I towelled willow one night to check her over and she was so mad that when I offered her a treat afterwards, she took it only so she could throw back at me. No joke. And the next day- she acted like nothing happened. 

And when I got grey- bonding was a terrible task. He isn't really interested in humans and trying to force the love on him did not make him hate me but he only did it cause he had to. It took five months to "tame" him. And really. I can't touch him. He will fly to me and that's on his terms only.

You aren't doing anything wrong. You are trying. He doesn't know you are okay to interact with. If you are expecting him to just start coming to you... It won't happen bc he doesn't know you are okay. 

It takes time. And if you don't put yourself out there- storm will never know you are one of the good guys. 

Another thing to think about is some birds prefer the other sex. I'm willows care taker and Kevin hardly ever sees her but he is in the room- she goes to him before me. 

Sometimes it's just a preference. Dont beat yourself up about it.


----------



## MeanneyFids (Aug 24, 2010)

he may have been tame, some birds do not react to change well so he could be reacting badly to that and should settle down. remember, some birds can take weeks to even months to settle completely in a new home. he may just not like change well


----------



## bjknight93 (Nov 13, 2011)

Well if birds didn't forgive, then how would birds like Allie still trust humans?

It is possible that Storm isn't a people bird..Taz is like that. He prefers to be left alone, but will step up when we ask him to. If it was up to him he would be with birds and never see a human for all his life. But we have still learned to love him. Sure it's a little disappointing knowing that my bird doesn't want to have a connection with me like my others do, but we still love him. And if Storm turns out to be that case you will love him too. 

Admittedly, I haven't put all that much effort into taming Taz. But this is because he is tame in a sense..but too much human contact makes him extremely stressed out. To the point he is panting. So, I prefer to have a manageable relationship for now so that I don't have to stress him so often.


----------



## enigma731 (Aug 12, 2011)

You've only had him a few weeks, right?

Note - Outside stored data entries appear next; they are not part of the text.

-- ===== src/Syntax/Lexer/Total/Returns.antt =====
-- For `lex_at` of crates/wsharp-syntax/src/lexer.rs.
use wsharp.Prelude.{ℕ, ◌+◌, ◌^◌, ◌<◌, ◌≡◌, true, Option, List, arith, length}
use wsharp.Prelude.Run.{ok}
use wsharp.Syntax.Token.{Token}
use wsharp.Syntax.Lexer.{lex_at}
use wsharp.Syntax.Lexer.State.{Diagnostic}
use wsharp.Syntax.Lexer.Place.{is_text, AllWithin}
use wsharp.Syntax.Lexer.Total.Streams.{Tiles, AllInRange, lex_at_total}

module _ (F : Type 0) (parse_f64 : List ℕ → Option F) (float_zero : F) (src : List ℕ) (base : ℕ)
    (room : length src + base < 2 ^ 32) (text : is_text src ≡ true) where
  -- For each source of well-formed UTF-8 that ends, with its base, below 2^32, `lex_at` returns: no slice panics
  -- and no loop runs on. The spans of its tokens follow each other from the base on, none empty and none over another,
  -- and the last token alone is `Eof`, at the end of the source.
  pub lex_at-Tiles :
      (tokens : List (Token F)) × (diags : List Diagnostic) × (lex_at parse_f64 float_zero src base
        ≡ ok (tokens, diags))
      × Tiles (length src + base) base tokens
  lex_at-Tiles =
      let s = lex_at_total F parse_f64 float_zero src (omega (arith, room)) base room text in
      (s.tokens, s.diags, s.runs, s.tiles)

  -- For each source of well-formed UTF-8 that ends, with its base, below 2^32, and with any errors in it, `lex_at`
  -- returns, and each diagnostic's span holds a byte at least, starts at the base or after it, and ends at the end of
  -- the source, counted from the base, or before.
  pub lex_at-AllWithin :
      (tokens : List (Token F)) × (diags : List Diagnostic) × (lex_at parse_f64 float_zero src base
        ≡ ok (tokens, diags))
      × AllWithin base (length src + base) diags
  lex_at-AllWithin =
      let s = lex_at_total F parse_f64 float_zero src (omega (arith, room)) base room text in
      (s.tokens, s.diags, s.runs, s.reported)

  -- For each source of well-formed UTF-8 that ends, with its base, below 2^32, `lex_at` returns, and the value of each
  -- integer literal among its tokens is below 2^64.
  pub lex_at-AllInRange :
      (tokens : List (Token F)) × (diags : List Diagnostic) × (lex_at parse_f64 float_zero src base
        ≡ ok (tokens, diags))
      × AllInRange tokens
  lex_at-AllInRange =
      let s = lex_at_total F parse_f64 float_zero src (omega (arith, room)) base room text in
      (s.tokens, s.diags, s.runs, s.in_range)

Give it lots more time. I don't see anything alarming in what you're doing, and his reactions seem pretty normal to me.  We've all done things that have freaked our birds out. It's just part of being a parront.


----------



## moonchild (Jul 29, 2012)

Thanks guys, it's good to know I'm not doing anything horrible to him. I mean, I feel like I sort of have because I scared him...I know it's possible for abused birds to trust again, but can they ever trust their abusers? I know I never abused him, but I frightened him, on a couple of occasions. To him, it might be one and the same. If we were already bonded and he knew I was okay, then I know he would forgive something like toweling. But I did that to him before gaining his trust. I suppose I should look on the bright side -- he'll come to me for treats. Maybe eventually it'll be more.

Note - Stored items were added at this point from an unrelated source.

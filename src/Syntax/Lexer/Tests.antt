-- ===== src/Syntax/Lexer/Tests.antt =====
-- Runs of the lexer.
use wsharp.Prelude.{ℕ, ◌≡◌, refl, Option, none, List, [], ◌∷◌, ◌++◌, arith, codes}
use wsharp.Prelude.Run.{Run, ok}
use wsharp.Syntax.Token
use wsharp.Syntax.Token.{TokenKind, Token, text, keyword}
use wsharp.Syntax.Lexer.{lex, lex_at}
use wsharp.Syntax.Lexer.State.{Diagnostic}
use wsharp.Syntax.Lexer.RoundTrip.Printed.{
  identifier, fixed, SpellsAll, done, more, kinds, lex-SpellsAll,
}
use wsharp.Syntax.Lexer.RoundTrip.Fixed.{unknown-text}
use wsharp.Syntax.Lexer.Place.{AllWithin}
use wsharp.Syntax.Lexer.Total.Streams.{Tiles, AllInRange}
use wsharp.Syntax.Lexer.Total.Returns.{lex_at-Tiles, lex_at-AllWithin, lex_at-AllInRange}

-- No float is read in these runs.
abbrev no_float : List ℕ → Option ℕ
no_float s = none

abbrev spans : List Diagnostic → List (ℕ × ℕ)
spans [] = []
spans (d ∷ ds) = (d.span.start, d.span.end) ∷ spans ds

abbrev diagnostics : {F : Type 0} → Run (List (Token F) × List Diagnostic) → List (ℕ × ℕ)
diagnostics (ok (tokens, diags)) = spans diags
diagnostics _ = []

small_run :
    lex no_float 0 (codes "a <<= 0xff; // end")
    ≡ ok (
      (record { kind = Token.ident (codes "a"); span = record { start = 0; end = 1 } })
          ∷ (record { kind = Token.shl_eq; span = record { start = 2; end = 5 } })
          ∷ (record { kind = Token.int 255; span = record { start = 6; end = 10 } })
          ∷ (record { kind = Token.semi; span = record { start = 10; end = 11 } })
          ∷ (record { kind = Token.eof; span = record { start = 18; end = 18 } })
          ∷ [],
      [],
    )
unfolding lex
small_run = refl

-- A number that is too large, an unknown escape of two bytes, a string with no end, and a stray `#`.
abbrev bad_source : List ℕ
bad_source = codes "99999999999999999999 # \"\\" ++ (0xc3 ∷ 0xa9 ∷ []) ++ codes "x\n}"

bad_source_run :
    diagnostics (lex_at no_float 0 bad_source 100)
    ≡ ((100, 120) ∷ (121, 122) ∷ (124, 127) ∷ (123, 128) ∷ [])
unfolding lex_at
bad_source_run = refl

lex_at-Tiles_example :
    (tokens : List (Token ℕ)) × (diags : List Diagnostic) × (lex_at no_float 0 bad_source 100
      ≡ ok (tokens, diags))
    × Tiles 130 100 tokens
lex_at-Tiles_example = lex_at-Tiles ℕ no_float 0 bad_source 100 (omega arith) refl

lex_at-AllWithin_example :
    (tokens : List (Token ℕ)) × (diags : List Diagnostic) × (lex_at no_float 0 bad_source 100
      ≡ ok (tokens, diags))
    × AllWithin 100 130 diags
lex_at-AllWithin_example = lex_at-AllWithin ℕ no_float 0 bad_source 100 (omega arith) refl

abbrev printed : List ℕ
printed = codes " while x1 <<= y ; "

abbrev printed_kinds : List (TokenKind ℕ)
printed_kinds =
    Token.while_kw
    ∷ Token.ident (codes "x1")
    ∷ Token.shl_eq
    ∷ Token.ident (codes "y")
    ∷ Token.semi
    ∷ []

printed-SpellsAll : SpellsAll printed_kinds printed
unfolding text keyword
printed-SpellsAll = more _ _ _ _ (fixed Token.while_kw (codes "while") refl refl) (
    more _ _ _ _ (identifier (codes "x1") refl (unknown-text (codes "x1") refl refl)) (
      more _ _ _ _ (fixed Token.shl_eq (codes "<<=") refl refl) (
        more _ _ _ _ (identifier (codes "y") refl (unknown-text (codes "y") refl refl))
          (more _ _ _ _ (fixed Token.semi (codes ";") refl refl) done))))

lex-SpellsAll_example :
    (tokens : List (Token ℕ)) × (lex no_float 0 printed ≡ ok (tokens, []))
    × (kinds tokens ≡ printed_kinds ++ Token.eof ∷ [])
lex-SpellsAll_example = lex-SpellsAll ℕ no_float 0 printed_kinds printed printed-SpellsAll

lex_at-AllInRange_example :
    (tokens : List (Token ℕ)) × (diags : List Diagnostic) × (lex_at no_float 0 bad_source 100
      ≡ ok (tokens, diags))
    × AllInRange tokens
lex_at-AllInRange_example = lex_at-AllInRange ℕ no_float 0 bad_source 100 (omega arith) refl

I know some birds aren't people birds, but unless his previous owner was lying, he does like humans. Or did. Furthermore, she said he preferred women to men. I just wonder...could one experience change him? The day I adopted him, he was taken from his home, grabbed by his owner and shoved into a carrier, taken somewhere unfamiliar, and then the first thing he saw was me and my big scary hand. Maybe that one experience was enough to turn him against humans?

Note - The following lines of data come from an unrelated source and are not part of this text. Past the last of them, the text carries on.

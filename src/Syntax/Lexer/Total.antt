-- ===== src/Syntax/Lexer/Total.antt =====
-- The runs of the lexer of crates/wsharp-syntax/src/lexer.rs over a text of UTF-8.
pub mod Kinds
mod Trivia
mod Words
mod Strings
mod Numbers
mod Symbols
mod Tokens
pub mod Streams
pub mod Returns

I'm going to try very hard not to force him into anything ever again, or unless absolutely necessary, and hopefully that'll be after I've gained his trust. The one hurdle will probably be moving him to the new cage I plan to set up for all three birds in a couple of weeks. Until then, all I can really do is offer him treats and talk to him.

Ugh, I really have an unreasonable amount of guilt over this. I just feel like I could have handled things better, in retrospect.


----------



## bjknight93 (Nov 13, 2011)

Well Taz's owner told me he was very friendly and that he was a girl. 

He was a butt since the moment I saw him, but she assured me that was not his normal self. So I took him home anyway.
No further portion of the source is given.